Why not, you said you just ethtx.

That is from the opposite direction: the Chainlink node writing to the blockchain. A smart contract cannot reach out to external systems, like an API, without some middleware, which is what Chainlink is.

Well chainlink is a smart contract.

We have smart contracts as part of the protocol, but it is also an off-chain client.

A smart contract reader. So you see what’s happening in the smart contract, but I get what you say, here you have many servers seeing it rather than one.

Right. On-chain, the oracle contract receives requests and emits events, which are read by the off-chain Chainlink node.

Last one, in regards to secure enclaves, how does one know they are running a secure enclave or trusted hardware etc?

SGX offers remote attestation for that assurance.

What does that mean? So like I’m here, let’s say I have copy pasted a template or whatever and want to ensure the chainlink node is running trusted hardware, can I be ensured?

Yes, you can obtain a cryptographically proven assurance that the remote node is running SGX. https://software.intel.com/en-us/sgx/attestation-services

Is there someone who can speak to the business aspect? Like you guys working/met Intel, they developing this stuff for you or is it generalized hardware adaptable to what you’re doing?

SGX specifically is an open source SDK available for anyone to utilize.

So I think all this chainlink stuff is open sourced, you want to comment on why wouldn’t I just copy it and remove the token aspect and replace it with eth?

That’s not really my concern. Any open source project faces the same problem. It basically comes down to trust in the forking team’s ability to maintain their version of the software long-term.

FIN

The Link token is used to pay node operators for fulfilling requests. Such payment can obviously be made in eth, but a new team that wants to fork the project would face two problems.

First, funding. Chainlink has raised millions, so they have the funding to keep the software secure and maintained long term. A forked team might instead be just a hobby or side project.

The second challenge they face is skills.

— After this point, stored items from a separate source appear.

-- ===== src/Session/Statements.antt =====
-- The numbers that `register_stmt` gives out.
use mindsdb_database_ai.Prelude.{
  ℕ, zero, suc, ◌+◌, ◌≤◌, ◌<◌, ◌≡◌, ◌≢◌, ◌↔◌, refl, sym, arith, true, false, Option, none, some, ok,
  raise, exception, ltb, ◌==◌, Bool-cases, ==_iff, ==_refl, inl, inr, ◌&&◌,
}
use mindsdb_database_ai.Prelude.Table.{
  Table, lookup, contains, is_some, insert, erase, lookup-insert, lookup-erase,
}
use mindsdb_database_ai.Session.{Stmt, next_id, register_stmt, unregister_stmt}

module _ {ℓ} {S : Type ℓ} (stmts : Table (Stmt S)) where
  -- `n` is the first free number from `i` on, or 100 where none below is free.
  pub record IsFirst (i n : ℕ) : Type 0 where
    pub from : i ≤ n
    pub most : n ≤ 100
    pub taken : (j : ℕ) → i ≤ j → j < n → contains j stmts ≡ true
    pub free : n < 100 → contains n stmts ≡ false

  next_id-more :
      (f i : ℕ)
      → (contains i stmts && ltb i 100) ≡ true
      → next_id (suc f) i stmts ≡ next_id f (i + 1) stmts
  unfolding next_id
  next_id-more f i e = rw (e, next_id)

  next_id-stop : (f i : ℕ) → (contains i stmts && ltb i 100) ≡ false → next_id (suc f) i stmts ≡ i
  unfolding next_id
  next_id-stop f i e = rw (e, next_id)

  IsFirst-more : (i n : ℕ) → contains i stmts ≡ true → IsFirst (i + 1) n → IsFirst i n
  IsFirst-more i n e r = record {
    from = omega arith;
    most = r.most;
    taken = λ j lo hi. elim (Bool-cases (i == j)) [
      | inl same ↦ rw (← (==_iff i j).0 same) e
      | inr other ↦ r.taken j (ground arith) hi
    ];
    free = r.free;
  }

  IsFirst-stop : (i : ℕ) → i ≤ 100 → (contains i stmts && ltb i 100) ≡ false → IsFirst i i
  IsFirst-stop i h e = record {
    from = omega arith;
    most = h;
    taken = λ j lo hi. absurd (omega arith);
    free = λ l. ground arith;
  }

  next_id-IsFirst : (f i : ℕ) → i ≤ 100 → 100 ≤ f + i → IsFirst i (next_id f i stmts)
  next_id-IsFirst zero i h hf = unfold next_id in IsFirst-stop i h (ground arith)
  next_id-IsFirst (suc f) i h hf = elim (Bool-cases (contains i stmts && ltb i 100)) [
    | inl e ↦
        rw (next_id-more f i e)
          (IsFirst-more i _ (ground arith) (next_id-IsFirst f (i + 1) (ground arith) (omega arith)))
    | inr e ↦ rw (next_id-stop f i e) (IsFirst-stop i h e)
  ]

  pub least_id : IsFirst 1 (next_id 100 1 stmts)
  least_id = next_id-IsFirst 100 1 (omega arith) (omega arith)

is_some-false {ℓ} : {A : Type ℓ} (o : Option A) → is_some o ≡ false → o ≡ none
is_some-false none e = refl
is_some-false (some a) e = cc

-- What `register_stmt` leaves.
module _ {ℓ} {S : Type ℓ} (s : S) (stmts : Table (Stmt S)) where
  abbrev pub new_stmt : Stmt S
  new_stmt = record { stmt_type = none; statement = s; fetched = 0 }

  registered :
      {stmts' : Table (Stmt S)} {i : ℕ}
      → register_stmt s stmts ≡ ok (stmts', i)
      → (i ≡ next_id 100 1 stmts) × (i ≢ 100) × (stmts' ≡ insert i new_stmt stmts)
  unfolding register_stmt
  registered {stmts'} {i} e = ground arith

  -- A registered statement gets the least number from 1 to 99 that was free; it is found under it
  -- with no type and no row fetched, and every other number is as before.
  pub register_stmt_fresh :
      {stmts' : Table (Stmt S)} {i : ℕ}
      → register_stmt s stmts ≡ ok (stmts', i)
      → (1 ≤ i)
        × (i < 100)
        × (lookup i stmts ≡ none)
        × ((j : ℕ) → 1 ≤ j → j < i → contains j stmts ≡ true)
        × (lookup i stmts' ≡ some new_stmt)
        × ((j : ℕ) → j ≢ i → lookup j stmts' ≡ lookup j stmts)
  register_stmt_fresh {stmts'} {i} e =
      let (n, small, table) = registered e in
      let first : IsFirst stmts 1 i = rw n (least_id stmts) in
      let below : i < 100 = omega (arith, first.most) in
      (
        first.from,
        below,
        is_some-false (lookup i stmts) (first.free below),
        first.taken,
        rw (table, lookup-insert i i new_stmt stmts, ==_refl i),
        λ j ne. rw (table, lookup-insert j i new_stmt stmts) (ground arith),
      )

  -- It fails exactly when all numbers from 1 to 99 are taken.
  pub register_stmt_full :
      (register_stmt s stmts ≡ raise (exception "Too many unclosed queries"))
      ↔ ((j : ℕ) → 1 ≤ j → j < 100 → contains j stmts ≡ true)
  unfolding register_stmt
  register_stmt_full =
      let n : ℕ = next_id 100 1 stmts in
      let first = least_id stmts in
      (
        (λ e j lo hi. first.taken j lo (ground (arith, first.most))),
        λ all. elim (Bool-cases (n == 100)) [
          | inl full ↦ rw full
          | inr room ↦ absurd (ground (arith, first.most, first.free, all n first.from))
        ],
      )

  -- Closing the statement that was just registered gives back what every number stood for.
  pub register-unregister :
      {stmts' : Table (Stmt S)} {i : ℕ}
      → register_stmt s stmts ≡ ok (stmts', i)
      → (stmts'' : Table (Stmt S)) × (unregister_stmt i stmts' ≡ ok stmts'')
        × ((j : ℕ) → lookup j stmts'' ≡ lookup j stmts)
  unfolding unregister_stmt
  register-unregister {stmts'} {i} e =
      let (n, small, table) = registered e in
      let (lo, hi, absent, _, found, others) = register_stmt_fresh e in
      (
        erase i stmts',
        rw found,
        λ j. rw (lookup-erase j i stmts') (elim (Bool-cases (i == j)) [
          | inl same ↦ rw (same, ← (==_iff i j).0 same) (sym absent)
          | inr other ↦ rw other (others j (ground arith))
        ]),
      )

The Chainlink team seems to be very knowledgable in what they do, so competing and keeping up might not be easy.

Competition however would presumably always be welcomed in the open space, with a lot that can be done in this specific niche, including marketplaces where a fee can be taken for their usage.

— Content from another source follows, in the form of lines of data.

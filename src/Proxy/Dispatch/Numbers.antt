-- ===== src/Proxy/Dispatch/Numbers.antt =====
-- The numbers of the statements that a connection keeps.
use mindsdb_database_ai.Prelude.{
  ℕ, ◌≤◌, ◌<◌, ◌≡◌, refl, arith, Bool, true, false, Option, none, some, List, [], ◌∷◌, ok, raise,
  ◌==◌, Bool-cases, Option-cases, Result, inl, inr, ==_iff,
}
use mindsdb_database_ai.Prelude.Text.{Str}
use mindsdb_database_ai.Prelude.StrEq.{eqb}
use mindsdb_database_ai.Prelude.Table.{
  Table, lookup, contains, insert, erase, lookup-insert, lookup-erase,
}
use mindsdb_database_ai.Wire.Datum.{Value}
use mindsdb_database_ai.Session.{Stmt, register_stmt, unregister_stmt}
use mindsdb_database_ai.Session.Statements.{register_stmt_fresh}
use mindsdb_database_ai.Proxy.Command.{
  Command, with_sql, execute, close, fetch, init_db, with_data, com_query,
}
use mindsdb_database_ai.Proxy.Dispatch.{
  Session, Outcome, Engine, with_stmts, prepare_registered, prepare_query, answer_stmt_prepare,
  fetched_rows, query_answer, answer_stmt_execute, answer_stmt_fetch, answer_stmt_close,
  change_default_db, answer_init_db, on_text, on_name, answer, caught, null_name, is_quit, handle,
  number,
}

-- Every number that stands for a statement is from 1 to 99.
abbrev pub IsNumbered {ℓ} : {S : Type ℓ} → Table (Stmt S) → Type 0
IsNumbered stmts = (j : ℕ) → contains j stmts ≡ true → (1 ≤ j) × (j < 100)

module _ {ℓ} {S : Type ℓ} where
  insert-IsNumbered :
      (i : ℕ) (v : Stmt S) (stmts : Table (Stmt S))
      → 1 ≤ i
      → i < 100
      → IsNumbered stmts
      → IsNumbered (insert i v stmts)
  insert-IsNumbered i v stmts lo hi h j c =
      let c' = rw (lookup-insert j i v stmts) at c in
      elim (Bool-cases (i == j)) [
        | inl same ↦ (let e : i ≡ j = (==_iff i j).0 same in (omega arith, omega arith))
        | inr other ↦ h j (rw other at c')
      ]

  erase-IsNumbered :
      (i : ℕ) (stmts : Table (Stmt S)) → IsNumbered stmts → IsNumbered (erase i stmts)
  erase-IsNumbered i stmts h j c =
      let c' = rw (lookup-erase j i stmts) at c in
      elim (Bool-cases (i == j)) [
        | inl same ↦ absurd (contrary (rw same at c'))
        | inr other ↦ h j (rw other at c')
      ]
    where
      contrary : false ≡ true → ⊥
      contrary e = cc

module _ {ℓ κ μ ν} {S : Type ℓ} {W : Type κ} {Row : Type μ} {R : Type ν} (engine : Engine S W Row R)
    (deprecate_eof : Bool) where
  abbrev pub Keeps : Outcome S W Row R → Type 0
  Keeps o = IsNumbered o.0.prepared_stmts

  prepare_registered-Keeps :
      (i : ℕ) (s : Session S W) (q : Option ℕ × S)
      → 1 ≤ i
      → i < 100
      → IsNumbered s.prepared_stmts
      → Keeps (prepare_registered engine deprecate_eof i s q)
  unfolding prepare_registered
  prepare_registered-Keeps i s (some code, query) lo hi h =
      insert-IsNumbered i _ s.prepared_stmts lo hi h
  prepare_registered-Keeps i s (none, query) lo hi h =
      insert-IsNumbered i _ s.prepared_stmts lo hi h

  prepare_query-Keeps :
      (s : Session S W) (q : Option ℕ × S)
      → IsNumbered s.prepared_stmts
      → Keeps (prepare_query engine deprecate_eof s q)
  prepare_query-Keeps s (some code, sqlquery) h = h
  prepare_query-Keeps s (none, sqlquery) h = after (register_stmt sqlquery s.prepared_stmts) refl
    where
      after :
          (r : Result (Table (Stmt S) × ℕ))
          → register_stmt sqlquery s.prepared_stmts ≡ r
          → Keeps (prepare_query engine deprecate_eof s (none, sqlquery))
      after (raise e) eq = rw (prepare_query, eq) h
      after (ok (stmts, i)) eq =
          let (lo, hi, fresh, least, found, others) =
            register_stmt_fresh sqlquery s.prepared_stmts eq in
          rw (prepare_query, eq)
            (prepare_registered-Keeps i (with_stmts engine deprecate_eof s stmts) _ lo hi (λ j c.
              elim (Bool-cases (i == j)) [
                | inl same ↦ (let e : i ≡ j = (==_iff i j).0 same in (omega arith, omega arith))
                | inr other ↦ h j (rw (others j (ground arith)) at c)
              ]))

  fetched_rows-Keeps :
      (i limit : ℕ) (stmt : Stmt S) (s : Session S W) (r : Option ℕ × List Row)
      → lookup i s.prepared_stmts ≡ some stmt
      → IsNumbered s.prepared_stmts
      → Keeps (fetched_rows engine deprecate_eof i limit stmt s r)
  fetched_rows-Keeps i limit stmt s (some code, rows) e h = h
  fetched_rows-Keeps i limit stmt s (none, rows) e h =
      let (lo, hi) = h i (rw e) in insert-IsNumbered i _ s.prepared_stmts lo hi h

  answer_stmt_fetch-Keeps :
      (i limit : ℕ) (s : Session S W)
      → IsNumbered s.prepared_stmts
      → Keeps (answer_stmt_fetch engine deprecate_eof i limit s)
  unfolding answer_stmt_fetch
  answer_stmt_fetch-Keeps i limit s h = elim (Option-cases (lookup i s.prepared_stmts)) [
    | inl e ↦ rw (answer_stmt_fetch, e) h
    | inr (stmt, e) ↦ rw (answer_stmt_fetch, e) (fetched_rows-Keeps i limit stmt s _ e h)
  ]

  answer_stmt_close-Keeps :
      (i : ℕ) (s : Session S W)
      → IsNumbered s.prepared_stmts
      → Keeps (answer_stmt_close engine deprecate_eof i s)
  unfolding answer_stmt_close unregister_stmt
  answer_stmt_close-Keeps i s h = elim (Bool-cases (contains i s.prepared_stmts)) [
    | inl e ↦ rw (answer_stmt_close, e) (erase-IsNumbered i s.prepared_stmts h)
    | inr e ↦ rw (answer_stmt_close, e) h
  ]

  change_default_db-Keeps :
      (name : Str) (s : Session S W)
      → IsNumbered s.prepared_stmts
      → IsNumbered (change_default_db engine deprecate_eof name s).0.prepared_stmts
  unfolding change_default_db
  change_default_db-Keeps name s h = elim (Bool-cases (eqb name null_name)) [
    | inl e ↦ rw (change_default_db, e) h
    | inr e ↦ elim (Bool-cases (engine.is_db_exists name s.world)) [
      | inl known ↦ rw (change_default_db, e, known) h
      | inr unknown ↦ rw (change_default_db, e, unknown) h
    ]
  ]

  answer_init_db-Keeps :
      (r : Session S W × Option ℕ)
      → IsNumbered r.0.prepared_stmts
      → Keeps (answer_init_db engine deprecate_eof r)
  answer_init_db-Keeps (s, none) h = h
  answer_init_db-Keeps (s, some code) h = h

  on_text-Keeps :
      (r : Result Str) (s : Session S W) (f : Str → Session S W → Outcome S W Row R)
      → IsNumbered s.prepared_stmts
      → ((sql : Str) → Keeps (f sql s))
      → Keeps (on_text engine deprecate_eof r s f)
  on_text-Keeps (ok sql) s f h hf = hf sql
  on_text-Keeps (raise e) s f h hf = h

  on_name-Keeps :
      (r : Result Str) (s : Session S W)
      → IsNumbered s.prepared_stmts
      → Keeps (on_name engine deprecate_eof r s)
  on_name-Keeps (ok name) s h = answer_init_db-Keeps _ (change_default_db-Keeps name s h)
  on_name-Keeps (raise e) s h = h

  caught-Keeps :
      (o : Outcome S W Row R)
      → Keeps o
      → IsNumbered (caught engine deprecate_eof o).0.prepared_stmts
  caught-Keeps (s, sent, none) h = h
  caught-Keeps (s, sent, some code) h = h

  answer_stmt_execute-Keeps :
      (i : ℕ) (parameters : List (Option Value)) (s : Session S W)
      → IsNumbered s.prepared_stmts
      → Keeps (answer_stmt_execute engine deprecate_eof i parameters s)
  unfolding answer_stmt_execute
  answer_stmt_execute-Keeps i parameters s h = elim (Option-cases (lookup i s.prepared_stmts)) [
    | inl e ↦ rw (answer_stmt_execute, e) h
    | inr (stmt, e) ↦
        let (lo, hi) = h i (rw e) in
        rw (answer_stmt_execute, e) (insert-IsNumbered i _ s.prepared_stmts lo hi h)
  ]

  answer-Keeps :
      (c : Command) (s : Session S W)
      → IsNumbered s.prepared_stmts
      → Keeps (answer engine deprecate_eof c s)
  unfolding answer
  answer-Keeps (with_sql type sql) s h =
      elim (Bool-cases (number engine deprecate_eof type == com_query)) [
        | inl e ↦
            rw (answer, e)
              (on_text-Keeps _ s (query_answer engine deprecate_eof) h
                (λ t. unfold query_answer in h))
        | inr e ↦
            rw (answer, e)
              (on_text-Keeps _ s (answer_stmt_prepare engine deprecate_eof) h
                (λ t. unfold answer_stmt_prepare in prepare_query-Keeps s _ h))
      ]
  answer-Keeps (execute i flags count ps) s h = answer_stmt_execute-Keeps _ ps s h
  answer-Keeps (close i) s h = answer_stmt_close-Keeps _ s h
  answer-Keeps (fetch i limit) s h = answer_stmt_fetch-Keeps _ _ s h
  answer-Keeps (init_db v) s h = on_name-Keeps _ s h
  answer-Keeps (with_data type rest) s h = h

  -- If every number that stands for a statement is from 1 to 99, that is still so behind any sequence
  -- of commands, whatever they are and whichever of them fail. (What the engine leaves of a session
  -- has no table of statements: the source changes it only where a statement is prepared, executed,
  -- fetched from or closed.)
  pub handle-IsNumbered :
      (commands : List (Option Command)) (s : Session S W)
      → IsNumbered s.prepared_stmts
      → IsNumbered (handle engine deprecate_eof commands s).1.prepared_stmts
  unfolding handle
  handle-IsNumbered [] s h = h
  handle-IsNumbered (none ∷ rest) s h = h
  handle-IsNumbered (some c ∷ rest) s h = elim (Bool-cases (is_quit engine deprecate_eof c)) [
    | inl e ↦ rw (handle, e) h
    | inr e ↦
        rw (handle, e)
          (handle-IsNumbered rest _
            (caught-Keeps (answer engine deprecate_eof c s) (answer-Keeps c s h)))
  ]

Making this a very interesting project that can develop in many ways beyond API authentication and connection.

An interesting one might be allowing an individual, like the police, to enter say “accident” and rate its severity.

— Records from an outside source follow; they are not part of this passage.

-- ===== src/Proxy/Packages.antt =====
-- Packets that are sent together: `accum` of
-- mindsdb/api/mysql/mysql_proxy/data_types/mysql_packet.py, and `send_package_group` of
-- mindsdb/api/mysql/mysql_proxy/mysql_proxy.py.
use mindsdb_database_ai.Prelude.{ℕ, List, [], ◌∷◌, ◌++◌, length, Result, ok, ◌>>=◌}
use mindsdb_database_ai.Prelude.Bytes.{Bytes}
use mindsdb_database_ai.Wire.Packet.{load_from_params, get_packet_string}

-- A packet that was made: the sequence number of that moment, and what its `body` comes to.
pub record Made : Type 0 where
  pub seq : ℕ
  pub body : Result Bytes

-- `accum`, and the bytes of all packets.
unfoldable pub accum : Made → Result Bytes
accum p = p.body >>= λ body. get_packet_string (load_from_params (length body) p.seq body)

unfoldable pub send_package_group : List Made → Result Bytes
send_package_group [] = ok []
send_package_group (p ∷ ps) = accum p >>= λ bs. send_package_group ps >>= λ rest. ok (bs ++ rest)
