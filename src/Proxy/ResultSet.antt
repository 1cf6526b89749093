-- ===== src/Proxy/ResultSet.antt =====
-- How a table is sent: `packet`, `last_packet`, `get_tabel_packets`,
-- `_get_column_defenition_packets` and `answer_select` of mindsdb/api/mysql/mysql_proxy/mysql_proxy.py,
-- and how `answer_stmt_execute` and `answer_stmt_prepare` announce columns. A row is the list of the
-- texts `str(x)` of its values, `none` for None; rows that are dicts are not modelled.
pub mod Sent
pub mod Client
pub mod Select
pub mod Prepared
pub mod Received
use Prim.Native.Nat.{max}
use mindsdb_database_ai.Prelude.{
  ℕ, zero, suc, ◌+◌, ◌-◌, ◌%◌, Bool, true, false, Option, none, some, List, [], ◌∷◌, ◌++◌, map,
  length, get_elem?, Result, ok, raise, index_error,
}
use mindsdb_database_ai.Prelude.Bytes.{Bytes}
use mindsdb_database_ai.Prelude.Text.{Str}
use mindsdb_database_ai.Proxy.Packages.{Made, accum, send_package_group}
use mindsdb_database_ai.Wire.Bodies.{
  body_of, err_packet, eof_packet, column_count_packet, stmt_prepare_header, Column,
  column_definition_packet, ok_packet, resultset_row,
}

-- What makes packets: it takes the session's number, and leaves the next one, also where it raises.
abbrev pub Making : Type 0 → Type 0
Making A = ℕ → ℕ × Result A

-- `packet`
unfoldable pub packet : Result Bytes → Making Made
packet body seq = ((seq + 1) % 256, ok (record { seq = seq; body = body }))

abbrev pub after_making : {A B : Type 0} → ℕ × Result A → (A → Making B) → ℕ × Result B
after_making (seq, ok a) next = next a seq
after_making (seq, raise e) next = (seq, raise e)

infixl 5 ◌>>=◌
abbrev pub ◌>>=◌ : {A B : Type 0} → Making A → (A → Making B) → Making B
(first >>= next) seq = after_making (first seq) next

abbrev pub made : {A : Type 0} → A → Making A
made a seq = (seq, ok a)

abbrev pub or_raised : {A : Type 0} → Result A → Making A
or_raised r seq = (seq, r)

abbrev pub TableRow : Type 0
TableRow = List (Option Str)

-- A column as a dict; `none` is a missing key.
pub record MysqlColumn : Type 0 where
  pub database : Option Str
  pub table_name : Option Str
  pub table_alias : Option Str
  pub name : Option Str
  pub alias : Option Str
  pub charset : Option ℕ
  pub flags : Option ℕ
  pub type : ℕ

-- `column.get(key, default)`
abbrev pub or_default : {A : Type 0} → Option A → A → A
or_default none default = default
or_default (some a) default = a

-- The texts 'table_name', 'column_name' and 'mindsdb_schema'.
abbrev pub table_name_text : Str
table_name_text = b't' ∷ b'a' ∷ b'b' ∷ b'l' ∷ b'e' ∷ b'_' ∷ b'n' ∷ b'a' ∷ b'm' ∷ b'e' ∷ []

abbrev pub column_name_text : Str
column_name_text = b'c' ∷ b'o' ∷ b'l' ∷ b'u' ∷ b'm' ∷ b'n' ∷ b'_' ∷ b'n' ∷ b'a' ∷ b'm' ∷ b'e' ∷ []

abbrev pub schema_text : Str
schema_text =
    b'm' ∷ b'i' ∷ b'n' ∷ b'd' ∷ b's' ∷ b'd' ∷ b'b' ∷ b'_' ∷ b's' ∷ b'c' ∷ b'h' ∷ b'e' ∷ b'm' ∷ b'a'
    ∷ []

-- CHARSET_NUMBERS["utf8_unicode_ci"]
abbrev pub utf8_unicode_ci : ℕ
utf8_unicode_ci = 192

-- The keyword arguments for a column whose longest text has `n` characters.
unfoldable pub packet_column : MysqlColumn → ℕ → Column
packet_column c n =
    let table_name = or_default c.table_name table_name_text in
    let column_name = or_default c.name column_name_text in
    record {
      schema = or_default c.database schema_text;
      table_alias = or_default c.table_alias table_name;
      table_name = table_name;
      column_alias = or_default c.alias column_name;
      column_name = column_name;
      charset = or_default c.charset utf8_unicode_ci;
      max_length = n;
      column_type = c.type;
      flags = or_default c.flags 0;
    }

-- `len(str(x))`, which for None is that of 'None'.
abbrev pub shown_length : Option Str → ℕ
shown_length none = 4
shown_length (some s) = length s

-- The loop over the rows, with the length so far.
unfoldable pub longest : ℕ → List TableRow → ℕ → Result ℕ
longest i [] n = ok n
longest i (row ∷ rows) n = elim (get_elem? row i) [
  | none ↦ raise index_error
  | some x ↦ longest i rows (max (shown_length x) n)
]

-- The length for column `i`; `mssql` says that the integration is one of MSSQL.
unfoldable pub column_length : Bool → ℕ → List TableRow → Result ℕ
column_length true i data' = ok 0x2000
column_length false i [] = ok 0xffff
column_length false i (row ∷ rows) = longest i (row ∷ rows) 1

-- `_get_column_defenition_packets` from column `i` on.
unfoldable pub definition_packets : Bool → List TableRow → ℕ → List MysqlColumn → Making (List Made)
definition_packets mssql data' i [] = made []
definition_packets mssql data' i (c ∷ cs) = do
  n ← or_raised (column_length mssql i data')
  p ← packet (body_of (column_definition_packet (packet_column c n)))
  ps ← definition_packets mssql data' (i + 1) cs
  made (p ∷ ps)

-- A list of packets with these bodies, made one after the other.
unfoldable pub packets : List (Result Bytes) → Making (List Made)
packets [] = made []
packets (body ∷ bodies) = do p ← packet body; ps ← packets bodies; made (p ∷ ps)

-- An EofPacket for a client that wants it.
unfoldable pub eof_packets : Bool → ℕ → Making (List Made)
eof_packets true status = made []
eof_packets false status = packets (body_of (eof_packet status) ∷ [])

unfoldable pub get_tabel_packets :
    (mssql deprecate_eof : Bool) → List MysqlColumn → List TableRow → ℕ → Making (List Made)
get_tabel_packets mssql deprecate_eof columns data' status = do
  count ← packet (body_of (column_count_packet (length columns)))
  definitions ← definition_packets mssql data' 0 columns
  eofs ← eof_packets deprecate_eof status
  rows ← packets (map resultset_row data')
  made (count ∷ (definitions ++ (eofs ++ rows)))

unfoldable pub last_packet : Bool → ℕ → Making Made
last_packet true status = packet (ok_packet true 0 status none)
last_packet false status = packet (body_of (eof_packet status))

-- What `query.fetch` leaves: an error, or a table.
pub data Fetched : Type 0 where
  failed : (error_code : ℕ) (msg : Str) → Fetched
  table : List MysqlColumn → List TableRow → Fetched

unfoldable pub answer_select : (mssql deprecate_eof : Bool) → Fetched → Making Bytes
answer_select mssql deprecate_eof (failed error_code msg) = do
  p ← packet (body_of (err_packet error_code msg))
  or_raised (accum p)
answer_select mssql deprecate_eof (table columns data') = do
  packages ← get_tabel_packets mssql deprecate_eof columns data' 0
  last ← last_packet deprecate_eof 2
  or_raised (send_package_group (packages ++ last ∷ []))

-- The columns of a prepared statement that was executed: `status` is 0x62 for a select, and 0x42 for
-- one that locks.
unfoldable pub announce_columns : (mssql deprecate_eof : Bool) → List MysqlColumn → ℕ → Making Bytes
announce_columns mssql deprecate_eof columns status = do
  count ← packet (body_of (column_count_packet (length columns)))
  definitions ← definition_packets mssql [] 0 columns
  last ← last_packet deprecate_eof status
  or_raised (send_package_group (count ∷ (definitions ++ last ∷ [])))

-- Definitions in the answer of `answer_stmt_prepare`, and the packet behind them, if there are any.
unfoldable pub defined : (mssql deprecate_eof : Bool) → List MysqlColumn → Making (List Made)
defined mssql deprecate_eof [] = made []
defined mssql deprecate_eof (c ∷ cs) = do
  definitions ← definition_packets mssql [] 0 (c ∷ cs)
  eofs ← eof_packets deprecate_eof 2
  made (definitions ++ eofs)

-- The end of `answer_stmt_prepare`.
unfoldable pub announce_statement :
    (mssql deprecate_eof : Bool) → ℕ → List MysqlColumn → List MysqlColumn → Making Bytes
announce_statement mssql deprecate_eof stmt_id columns_def parameters_def = do
  header ←
      packet (body_of (stmt_prepare_header stmt_id (length columns_def) (length parameters_def)))
  parameters ← defined mssql deprecate_eof parameters_def
  columns ← defined mssql deprecate_eof columns_def
  or_raised (send_package_group (header ∷ (parameters ++ columns)))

You can likewise do the same with court judgments, a simple “win” “1 million dollars” with that then released automatically so potentially triggering insurance and a very complicated web especially in negligence or tort, all without human involvement except for the “win” bit.

One can easily see here potential for abuse. The court officer might lie. But that would then just create a bit more work to manually send the payment to the correct place and obviously would get the officer fired and perhaps imprisoned.

Because although these things happen automatically, we can see them and obviously we do know, especially in this simple example of the court order, that the input was incorrect.

For while machines or the blockchain might facilitate a better handling of complexity, humans would still rule by the exercise of judgment.

So there would be oversight in ensuring the system is running fine which it probably would maybe 99% of the time. In those 1% cases, it’s just a bit more work to correct the mistake which in this case is just about money, so, it’s not like the current system doesn’t have the same problem of the court officer.

This merely potentially increases the efficiency of back-end stuff and automates them. Instead of having that court order go to some lawyer admin that sends it to an insurance admin who spends however long to click all the boxes and send it back to the lawyer with the payment then eventually at some point after months reaching the winner, here you turn a lot of it into code.

Then there’s the more “digital” aspect of connecting the blockchain to sensors and wifi so that it is aware of what’s going on and thus lets us know what’s going on.

Making it potentially a powerful middleware that extends the capabilities of the blockchain.